Снова… замерло… все… до рассвета…
Дверь не скрипнет… не вспыхнет огонь…
 
   В этот момент Вася Бойчук подключается – по-бабьи жалостно, протяжно:
 
Только слышно – на улице где-то
Одинокая бродит гармонь.
 
   Тут я примыкаю к повтору – в треть силы, чтоб не заглушить дружков.
   И комнату сразу до самого потолка заполняет ладный напев: задумчивый, гибкий, как огонек свечи.
 
Рiдна мати моя,
Ти ночей не доспала…
 
   Тикан замолкает, упирает в ладонь тяжелую волохатую голову, прячет от всех глаза.
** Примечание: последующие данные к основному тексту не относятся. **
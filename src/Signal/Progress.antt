-- ===== src/Signal/Progress.antt =====
-- How far the threads of racey-signal.c are from their end, and the moves that bring them nearer.
use mathlib.Core.Path.{subst}
use racey_suite.Prelude.{
  ℕ, zero, suc, ◌+◌, ◌-◌, ◌*◌, ◌≤◌, ◌<◌, ◌≡◌, refl, true, false, Option, none, some, get_or, set,
  get_elem?-eq-get_or, set?-eq-set, arith, ◌∙◌, ap, if◌then◌else◌, update, total, total-update,
  Option-cases, inl, inr,
}
use racey_suite.Machine.{System, moved, fault}
use racey_suite.Machine.Liveness.{CanProgress}
use racey_suite.Racey.{Mixing, fetch, Round, busy, over, mix_step}
use racey_suite.Racey.Loop.{accesses}
use racey_suite.Signal.{
  Frame, Shared, Pc, storing_self, installing, arriving, passing, mixing, signalling, coming_back,
  leaving, ended, delivering, npersig, next_inner, next_batch, after_mix, body_step, signal_step,
  interruptible, handled, handler_memory, handler_turn, next_frame, target_of, kill,
  choose_and_kill, store_self,
}
use racey_suite.Signal.Move.{IsFrame, Sized, IsPc, mix_step-Sized}
use racey_suite.Signal.Invariant.{Inv}
use racey_suite.Signal.Safety.{target, in_program}

-- What is left of a handler, and of a thread.
abbrev frame_work : Option Frame → ℕ
frame_work none = 0
frame_work (some frame) = 5 * frame.rounds + accesses frame.point

abbrev pub left : ℕ → Shared → ℕ
left n s = total frame_work n s.frames

abbrev pub work : ℕ → Pc → ℕ
work max_loop storing_self = 7 * max_loop + 7
work max_loop installing = 7 * max_loop + 6
work max_loop arriving = 7 * max_loop + 5
work max_loop passing = 7 * max_loop + 4
work max_loop (mixing i k q) = 7 * (max_loop - suc i) + accesses q + 4
work max_loop (signalling i) = 7 * (max_loop - i) + 3
work max_loop coming_back = 2
work max_loop leaving = 1
work max_loop ended = 0
work max_loop delivering = 0

accesses-pos : (q : Mixing) → 1 ≤ accesses q
accesses-pos fetch = omega arith
accesses-pos _ = omega arith

npersig-pos : (max_loop : ℕ) → 1 ≤ npersig max_loop
npersig-pos max_loop = ground arith

next_inner-work :
    (max_loop i k : ℕ) → work max_loop (next_inner max_loop i k) ≤ 7 * (max_loop - i) + 3
unfolding next_inner
next_inner-work max_loop i k = ground arith

next_batch-work : (max_loop i : ℕ) → work max_loop (next_batch max_loop i) < 7 * (max_loop - i) + 3
unfolding next_batch next_inner
next_batch-work max_loop i = ground (arith, npersig-pos max_loop)

next_frame-work : (rounds : ℕ) → frame_work (next_frame rounds) ≤ 5 * rounds
next_frame-work zero = omega arith
next_frame-work (suc rounds) = omega arith

module _ {n : ℕ} {c : System Shared Pc} (inv : Inv n c) (some_thread : 1 ≤ n) (few : n ≤ 32)
    (max_loop : ℕ) where
  abbrev pub Progress : Type 0
  Progress = CanProgress (signal_step n max_loop) (left n) (work max_loop) (2 * n) c

  module _ (i : ℕ) (low : 1 ≤ i) (high : i ≤ 2 * n) where
    by_turn :
        (p : Pc) (o : Option Frame) (s : Shared) (p' : Pc)
        → c.locals i ≡ p
        → c.shared.frames i ≡ o
        → interruptible n max_loop i c.shared p o ≡ moved s p'
        → left n s + work max_loop p' < left n c.shared + work max_loop p
        → Progress
    unfolding signal_step
    by_turn p o s p' here frame e less = record {
      thread = i;
      first = low;
      last = high;
      memory = s;
      local = p';
      moves =
          ap (λ q. interruptible n max_loop i c.shared q (c.shared.frames i)) here
          ∙ ap (interruptible n max_loop i c.shared p) frame
          ∙ e;
      less = omega (arith, less, ap (work max_loop) here);
    }

    legal_frame : (o : Option Frame) → c.shared.frames i ≡ o → IsFrame n i o
    legal_frame o e = subst (IsFrame n i) e (inv.framed i)

    frame_after :
        (frame : Frame) (o : Option Frame)
        → c.shared.frames i ≡ some frame
        → i ≤ n
        → total frame_work n (update c.shared.frames i o) + frame_work (some frame)
          ≡ left n c.shared + frame_work o
    frame_after frame o running small =
        omega
          (arith, total-update frame_work n c.shared.frames i o low small, ap frame_work running)

    -- A handler comes nearer to its end.
    handler_moves :
        (p : Pc) (frame : Frame)
        → c.locals i ≡ p
        → c.shared.frames i ≡ some frame
        → i ≤ n
        → (r : Round) → mix_step i (handler_memory c.shared) frame.point ≡ some r
        → Sized frame.point r
        → Progress
    handler_moves p frame here running small (busy mem q) e (ok, legal, less) =
        let after = some (record { rounds = frame.rounds; point = q }) in
        by_turn p (some frame) (handled c.shared mem i after) p here running
          (ap (handler_turn c.shared i p frame.rounds) e)
          (omega (arith, frame_after frame after running small))
    handler_moves p frame here running small (over mem) e ok =
        by_turn p (some frame) (handled c.shared mem i (next_frame frame.rounds)) p here running
          (ap (handler_turn c.shared i p frame.rounds) e)
          (omega (
            arith,
            frame_after frame (next_frame frame.rounds) running small,
            next_frame-work frame.rounds,
            accesses-pos frame.point,
          ))

    interrupted_moves : (frame : Frame) → c.shared.frames i ≡ some frame → Progress
    interrupted_moves frame running =
        let (small, legal) = legal_frame (some frame) running in
        let (r, e, ok) =
          mix_step-Sized i (handler_memory c.shared) frame.point (omega arith)
            (record { sigs = inv.sizes2; cells = inv.sizes.cells }) legal in
        handler_moves (c.locals i) frame refl running small r e ok

    -- What lets a thread that is not in its handler go on.
    abbrev pub Ready : Pc → Type 0
    Ready passing = n ≤ c.shared.arrived
    Ready leaving = 2 * n ≤ c.shared.arrived
    Ready ended = ⊥
    Ready delivering = ⊥
    Ready _ = Unit

    body_moves :
        (p : Pc) (s : Shared) (p' : Pc)
        → c.locals i ≡ p
        → c.shared.frames i ≡ none
        → body_step n max_loop i c.shared p ≡ moved s p'
        → left n s + work max_loop p' < left n c.shared + work max_loop p
        → Progress
    body_moves p s p' here free e less = by_turn p none s p' here free e less

    mixing_moves :
        (k b : ℕ) (q : Mixing)
        → c.locals i ≡ mixing k b q
        → c.shared.frames i ≡ none
        → (r : Round) → mix_step i c.shared.mem q ≡ some r
        → Sized q r
        → Progress
    unfolding body_step
    mixing_moves k b q here free (busy mem q') e (ok, legal, less) =
        body_moves (mixing k b q) (record c.shared { mem = mem }) (mixing k b q') here free
          (ap (after_mix max_loop c.shared k b) e) (omega arith)
    mixing_moves k b q here free (over mem) e ok =
        body_moves (mixing k b q) (record c.shared { mem = mem })
          (next_inner max_loop (suc k) (suc b)) here free (ap (after_mix max_loop c.shared k b) e)
          (omega (arith, next_inner-work max_loop (suc k) (suc b), accesses-pos q))

    signal_moves : (k : ℕ) → c.locals i ≡ signalling k → c.shared.frames i ≡ none → Progress
    unfolding body_step
    signal_moves k here free =
        let num = get_or c.shared.mem.sig i 0 in
        let t = target inv some_thread few max_loop i low high k here num in
        let small = in_program inv some_thread few max_loop i low high (signalling k) here refl in
        let next = next_batch max_loop k in
        body_moves (signalling k)
          (record c.shared { pending = update c.shared.pending (target_of n num) true }) next here
          free
          (ap (choose_and_kill n c.shared next)
              (get_elem?-eq-get_or c.shared.mem.sig i 0 (omega (arith, inv.sizes.sigs)))
            ∙ ap (kill c.shared (target_of n num) next) (
                get_elem?-eq-get_or c.shared.thread_selfs (target_of n num) false
                  (omega (arith, inv.selfs, t.last))
                ∙ ap some t.known)
            ∙ ap
                (λ b.
                  if b
                  then fault
                  else moved
                      (record c.shared { pending = update c.shared.pending (target_of n num) true })
                      next)
                t.alive)
          (omega (arith, next_batch-work max_loop k))

    ready_moves : (p : Pc) → c.locals i ≡ p → c.shared.frames i ≡ none → Ready p → Progress
    unfolding body_step
    ready_moves storing_self here free r =
        let small = in_program inv some_thread few max_loop i low high storing_self here refl in
        body_moves storing_self
          (record c.shared { thread_selfs = set c.shared.thread_selfs i true }) installing here free
          (ap (store_self c.shared)
            (set?-eq-set c.shared.thread_selfs i true (omega (arith, inv.selfs))))
          (omega arith)
    ready_moves installing here free r =
        body_moves installing (record c.shared { installed = true }) arriving here free refl
          (omega arith)
    ready_moves arriving here free r =
        body_moves arriving (record c.shared { arrived = suc c.shared.arrived }) passing here free
          refl (omega arith)
    ready_moves passing here free r =
        body_moves passing c.shared (next_batch max_loop 0) here free (ground arith)
          (omega (arith, next_batch-work max_loop 0))
    ready_moves (mixing k b q) here free r =
        let small = in_program inv some_thread few max_loop i low high (mixing k b q) here refl in
        let (round, e, ok) =
          mix_step-Sized i c.shared.mem q (omega arith) inv.sizes (subst IsPc here (inv.legal i)) in
        mixing_moves k b q here free round e ok
    ready_moves (signalling k) here free r = signal_moves k here free
    ready_moves coming_back here free r =
        body_moves coming_back (record c.shared { arrived = suc c.shared.arrived }) leaving here
          free refl (omega arith)
    ready_moves leaving here free r =
        body_moves leaving (record c.shared { dead = update c.shared.dead i true }) ended here free
          (ground arith) (omega arith)
    ready_moves ended here free r = elim r [ ]
    ready_moves delivering here free r = elim r [ ]

    -- A thread in its handler, or ready, makes a move.
    pub moves_on : Ready (c.locals i) → Progress
    moves_on r = elim (Option-cases (c.shared.frames i)) [
      | inl free ↦ ready_moves (c.locals i) refl free r
      | inr (frame, running) ↦ interrupted_moves frame running
    ]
   И Стефка любит про «рушник вышиванний». Она даже перестает копошиться на кухне, придерживает Андрюшку возле себя, чтоб не егозил и тоже слушал.
 
Я вiзьму той рушник,
Простелю наче долю,
В тихим шелестi трав,
В щебетаннi дiбров…
 
   А песни ведут дальше, по каким-то забытым закоулкам прежней жизни: словно напоминают – ты уже был здесь, и было хорошо. Не жалей…
 
Не жалею, не зову, не плачу,
Все пройдет, как с белых яблонь дым…
 
   От таких слов, кто понимает, в человеке самые светлые чувства растут. Будто крылья расправляют. Хочется высоты, полета…
 
Летят утки… Летят утки
И два гуся…
 

Раскладушка

   Меня два раза вешали. Значит, заслужил. Не каждого на доску почета всунут. А родная жена посылает на все русские буквы и дробит на мелкие части… Это как?..
Петро Тикан

   Одно слово: пустяковина. Шелуха на ветру. Говорить не о чем. А Тикан, между прочим, из-за такой чепухи вторую неделю на раскладушке припухает.
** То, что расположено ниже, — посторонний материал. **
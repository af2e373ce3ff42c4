-- ===== src/Signal/Live.antt =====
-- Some thread of racey-signal.c can always come nearer to its end.
use mathlib.Core.Path.{subst}
use racey_suite.Prelude.{
  ℕ, ◌*◌, ◌≤◌, ◌≡◌, refl, false, arith, sym, ap, total, total_missing, total_const, total-add,
  dec_le,
}
use racey_suite.Machine.{System, all_ended}
use racey_suite.Machine.Liveness.{all_ended-eq-false}
use racey_suite.Signal.{
  Shared, Pc, storing_self, installing, arriving, passing, leaving, ended, delivering, is_ended,
}
use racey_suite.Signal.Invariant.{Inv, kernel, came, back, inside, returned_to}
use racey_suite.Signal.Progress.{Progress, Ready, moves_on}

module _ {n : ℕ} {c : System Shared Pc} (inv : Inv n c) (some_thread : 1 ≤ n) (few : n ≤ 32)
    (max_loop : ℕ) where
  abbrev Goal : Type 0
  Goal = Progress inv some_thread few max_loop

  -- Threads that have not come to the barrier, or not a second time, go on.
  early_moves : (j : ℕ) → 1 ≤ j → j ≤ 2 * n → came (c.locals j) ≡ 0 → Goal
  early_moves j l h e = moves_on inv some_thread few max_loop j l h (early (c.locals j) e)
    where
      early : (p : Pc) → came p ≡ 0 → Ready inv some_thread few max_loop j l h p
      early storing_self e = tt
      early installing e = tt
      early arriving e = tt
      early p e = ground arith

  busy_moves : (j : ℕ) → 1 ≤ j → j ≤ 2 * n → back (c.locals j) ≡ 0 → n ≤ c.shared.arrived → Goal
  busy_moves j l h e open_gate = moves_on inv some_thread few max_loop j l h (late (c.locals j) e)
    where
      late : (p : Pc) → back p ≡ 0 → Ready inv some_thread few max_loop j l h p
      late passing e = open_gate
      late leaving e = ground arith
      late ended e = ground arith
      late delivering e = ground arith
      late p e = tt

  -- The kernel counts as NumProcs threads that have come back.
  kernel_back : n ≤ total back (2 * n) c.locals
  kernel_back =
      omega
        (arith, inv.kernels, total-add back returned_to kernel (λ p. ground arith) (2 * n) c.locals)

  passing_moves : (i : ℕ) → 1 ≤ i → i ≤ 2 * n → c.locals i ≡ passing → Goal
  passing_moves i l h here = elim (dec_le n c.shared.arrived) [
    | yes enough ↦
        moves_on inv some_thread few max_loop i l h
          (subst (Ready inv some_thread few max_loop i l h) (sym here) enough)
    | no few_yet ↦
        let (j, a, b, e) =
          total_missing came (λ p. ground arith) (2 * n) c.locals
            (omega (arith, inv.counted, kernel_back)) in
        early_moves j a b e
  ]

  leaving_moves : (i : ℕ) → 1 ≤ i → i ≤ 2 * n → c.locals i ≡ leaving → Goal
  leaving_moves i l h here = elim (dec_le (2 * n) c.shared.arrived) [
    | yes enough ↦
        moves_on inv some_thread few max_loop i l h
          (subst (Ready inv some_thread few max_loop i l h) (sym here) enough)
    | no few_yet ↦
        let all_in : total came (2 * n) c.locals ≡ 2 * n * 1 =
          total_const came (2 * n) c.locals 1 (λ j a b. inv.opened i l h (ap inside here) j a b) in
        let (j, a, b, e) =
          total_missing back (λ p. ground arith) (2 * n) c.locals
            (omega (arith, inv.counted, all_in)) in
        busy_moves j a b e (omega (arith, inv.counted, all_in, kernel_back))
  ]

  live_moves : (i : ℕ) → 1 ≤ i → i ≤ 2 * n → (p : Pc) → c.locals i ≡ p → is_ended p ≡ false → Goal
  live_moves i l h passing here e = passing_moves i l h here
  live_moves i l h leaving here e = leaving_moves i l h here
  live_moves i l h ended here e = cc
  live_moves i l h delivering here e = cc
  live_moves i l h p here e =
      moves_on inv some_thread few max_loop i l h
        (subst (Ready inv some_thread few max_loop i l h) (sym here) tt)

  -- Until all threads have ended, one of them makes progress.
  pub goes_on : all_ended is_ended (2 * n) c.locals ≡ false → Goal
  goes_on e =
      let (i, l, h, live) = all_ended-eq-false is_ended (2 * n) c.locals e in
      live_moves i l h (c.locals i) refl live
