-- ===== src/Signal/Result.antt =====
-- What holds in every reachable state of racey-signal.c, and what its `main` comes to.
use mathlib.Core.Path.{subst}
use mathlib.Core.Bool.{false≢true}
use racey_suite.Prelude.{
  ℕ, zero, suc, ◌-◌, ◌*◌, ◌≤◌, ◌≡◌, refl, Bool, true, false, List, length, get_or,
  get_elem?-eq-get_or, arith, ◌∙◌, sym, ap, leb, if◌then◌else◌, total, total-suc, total_const,
}
use racey_suite.Outcome.{returned}
use racey_suite.Machine.{System, Step, pick, Reach, run_and_join, all_ended}
use racey_suite.Machine.Laws.{Reach_inv, IsSafe, run_and_join_lem}
use racey_suite.Racey.Signature.{fold_sigs, mix_sigs-eq-fold_sigs}
use racey_suite.Launch.Main.{init_memory-IsMemory}
use racey_suite.Signal.{
  Shared, Pc, storing_self, delivering, boot, signal_step, is_ended, signal_signature,
}
use racey_suite.Signal.Move.{IsPc, MoveOf}
use racey_suite.Signal.Invariant.{
  Inv, kernel, came, back, inside, has_self, has_handler, is_gone, role_of,
}
use racey_suite.Signal.Keeps.{Move-Inv}
use racey_suite.Machine.Liveness.{can_end_after, can_join_after}
use racey_suite.Signal.Progress.{left, work}
use racey_suite.Signal.Live.{goes_on}
use racey_suite.Signal.Safety.{turn-MoveOf}

module _ (n : ℕ) where
  module _ (tid : ℕ) where
    abbrev first_pc : Pc
    first_pc = if leb tid n then storing_self else delivering

    first-kernel : kernel first_pc ≡ role_of n tid
    first-kernel = ground arith

    first-out :
        (inside first_pc ≡ false)
        × (has_self first_pc ≡ false)
        × (has_handler first_pc ≡ false)
        × (is_gone first_pc ≡ false)
    first-out = ground arith

    first-IsPc : IsPc first_pc
    first-IsPc = legal (leb tid n)
      where
        legal : (b : Bool) → IsPc (if b then storing_self else delivering)
        legal true = tt
        legal false = tt

  -- A weight that the kernel alone has.
  total-first :
      (w : Pc → ℕ) → w storing_self ≡ 0 → w delivering ≡ 1 → (k : ℕ) → total w k first_pc ≡ k - n
  total-first w a b zero = omega (arith, total_const w 0 first_pc 0 (λ i l h. absurd (omega arith)))
  total-first w a b (suc k) = ground (arith, total-suc w k first_pc, total-first w a b k)

  pub boot-Inv : (sig2 : List ℕ) → length sig2 ≡ 33 → Inv n (boot n sig2)
  boot-Inv sig2 size = record {
    sizes = record { sigs = init_memory-IsMemory.sigs; cells = init_memory-IsMemory.cells };
    sizes2 = size;
    selfs = refl;
    counted = omega (arith, total-first came refl refl (2 * n), total-first back refl refl (2 * n));
    kernels = omega (arith, total-first kernel refl refl (2 * n));
    roles = λ i l h. first-kernel i;
    legal = first-IsPc;
    opened = λ i l h e. absurd (false≢true (sym (first-out i).0 ∙ e));
    stored = λ i l h e. absurd (false≢true (sym (first-out i).1 ∙ e));
    setup = λ i e. absurd (false≢true (sym (first-out i).2 ∙ e));
    pends = λ t e. cc;
    shut = λ t e. cc;
    gone = λ t e. absurd (false≢true (sym (first-out t).3 ∙ e));
    framed = λ t. tt;
  }

module _ (n max_loop : ℕ) (some_thread : 1 ≤ n) (few : n ≤ 32) (sig2 : List ℕ)
    (size : length sig2 ≡ 33) where
  abbrev pub Reachable : System Shared Pc → Type 0
  Reachable c = Reach (signal_step n max_loop) (2 * n) (boot n sig2) c

  Step-Inv :
      (c d : System Shared Pc) → Step (signal_step n max_loop) (2 * n) c d → Inv n c → Inv n d
  Step-Inv c d (pick i l h e) inv =
      Move-Inv inv few i l h (
        subst (MoveOf n i c.shared (c.locals i)) e (turn-MoveOf inv some_thread few max_loop i l h))

  Reach-Inv : {c : System Shared Pc} → Reachable c → Inv n c
  Reach-Inv = Reach_inv (signal_step n max_loop) (2 * n) (Inv n) Step-Inv (boot-Inv n sig2 size)

  -- No thread is about to make an access out of bounds.
  pub signal-IsSafe :
      (c : System Shared Pc) → Reachable c → IsSafe (signal_step n max_loop) (2 * n) c
  signal-IsSafe c r i l h e =
      subst (MoveOf n i c.shared (c.locals i)) e
        (turn-MoveOf (Reach-Inv r) some_thread few max_loop i l h)

  -- The signature over both arrays of a reachable state.
  abbrev pub signature_of_both : Shared → ℕ
  signature_of_both s =
      fold_sigs (n - 1) 1 (fold_sigs (n - 1) 1 (get_or s.mem.sig 0 0) (λ k. get_or s.mem.sig k 0))
        (λ k. get_or s.sig2 k 0)

  -- It is what `main` computes.
  pub signs_both :
      (c : System Shared Pc)
      → Reachable c
      → signal_signature n c.shared ≡ returned (signature_of_both c.shared)
  unfolding signal_signature
  signs_both c r =
      let inv = Reach-Inv r in
      rw (get_elem?-eq-get_or c.shared.mem.sig 0 0 (omega (arith, inv.sizes.sigs))) (
        rw
          (mix_sigs-eq-fold_sigs (n - 1) 1 (get_or c.shared.mem.sig 0 0) c.shared.mem.sig
            (omega (arith, inv.sizes.sigs)))
          (mix_sigs-eq-fold_sigs (n - 1) 1 _ c.shared.sig2 (omega (arith, inv.sizes2))))

  -- What a value that is printed is.
  abbrev pub IsSignalSignature : ℕ → Type 0
  IsSignalSignature v =
      (c : System Shared Pc) × Reachable c
      × (all_ended is_ended (2 * n) c.locals ≡ true)
      × (v ≡ signature_of_both c.shared)

  -- For NumProcs from 1 to 32, the threads of racey-signal can all come to their end from every
  -- state that they reach, whatever signals are delivered.
  signal_no_deadlock :
      (c : System Shared Pc)
      → Reachable c
      → (d : System Shared Pc) × Reach (signal_step n max_loop) (2 * n) c d
        × (all_ended is_ended (2 * n) d.locals ≡ true)
  signal_no_deadlock c r =
      can_end_after (signal_step n max_loop) is_ended (left n) (work max_loop) (2 * n)
        (λ d q. goes_on (Reach-Inv q) some_thread few max_loop) c r

  -- So some schedule makes the threads end.
  pub signal_can_join :
      (schedule : List ℕ) × (c : System Shared Pc) × Reachable c
      × (all_ended is_ended (2 * n) c.locals ≡ true)
      × (run_and_join (signal_step n max_loop) is_ended (2 * n) schedule (boot n sig2)
          ≡ returned c.shared)
  signal_can_join =
      let (is, s, e) =
        can_join_after (signal_step n max_loop) is_ended (left n) (work max_loop) (2 * n)
          (λ d q. goes_on (Reach-Inv q) some_thread few max_loop) in
      let (c, r, done, same) =
        run_and_join_lem (signal_step n max_loop) is_ended (2 * n) is (boot n sig2) e in
      (is, c, r, done, e ∙ ap returned (sym same))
   Утром встаешь с этой конструкции, бока ноют, голову не повернуть, в затылке что-то лишнее. Чувствуешь себя – будто вытащили из гроба, а зачем – неизвестно. Не жизнь, а оскомина.
   Конечно, сам виноват: дверь в ванной забыл замкнуть, недоглядел. Должен был помнить – у Стефки собачий нюх, натура дикая, ее только к чирьям прикладывать.
   Тикан мог бы окоротить, но он молчит, как черепаха. По причине – рыльце не без греха…
   C кем не случается? Закон природы: живой живое ищет. Не каплун, не холощеный. И наказывать человека раскладушкой, конечно, полное безглуздье.[15]
   В тот день выехал Тикан из города. Обычный рейс: туда-сюда и обратно. За Стороженцом снял на дороге клевую деваху, чтоб не скучать. Шутки сыпал с намеками, – хохочет. Брошку на кофточке погладил, – хохочет. В подходящем месте свернули в ближний лес, на часок, может, чуть больше. Познакомились, значит. Всего ничего, воробьи дела.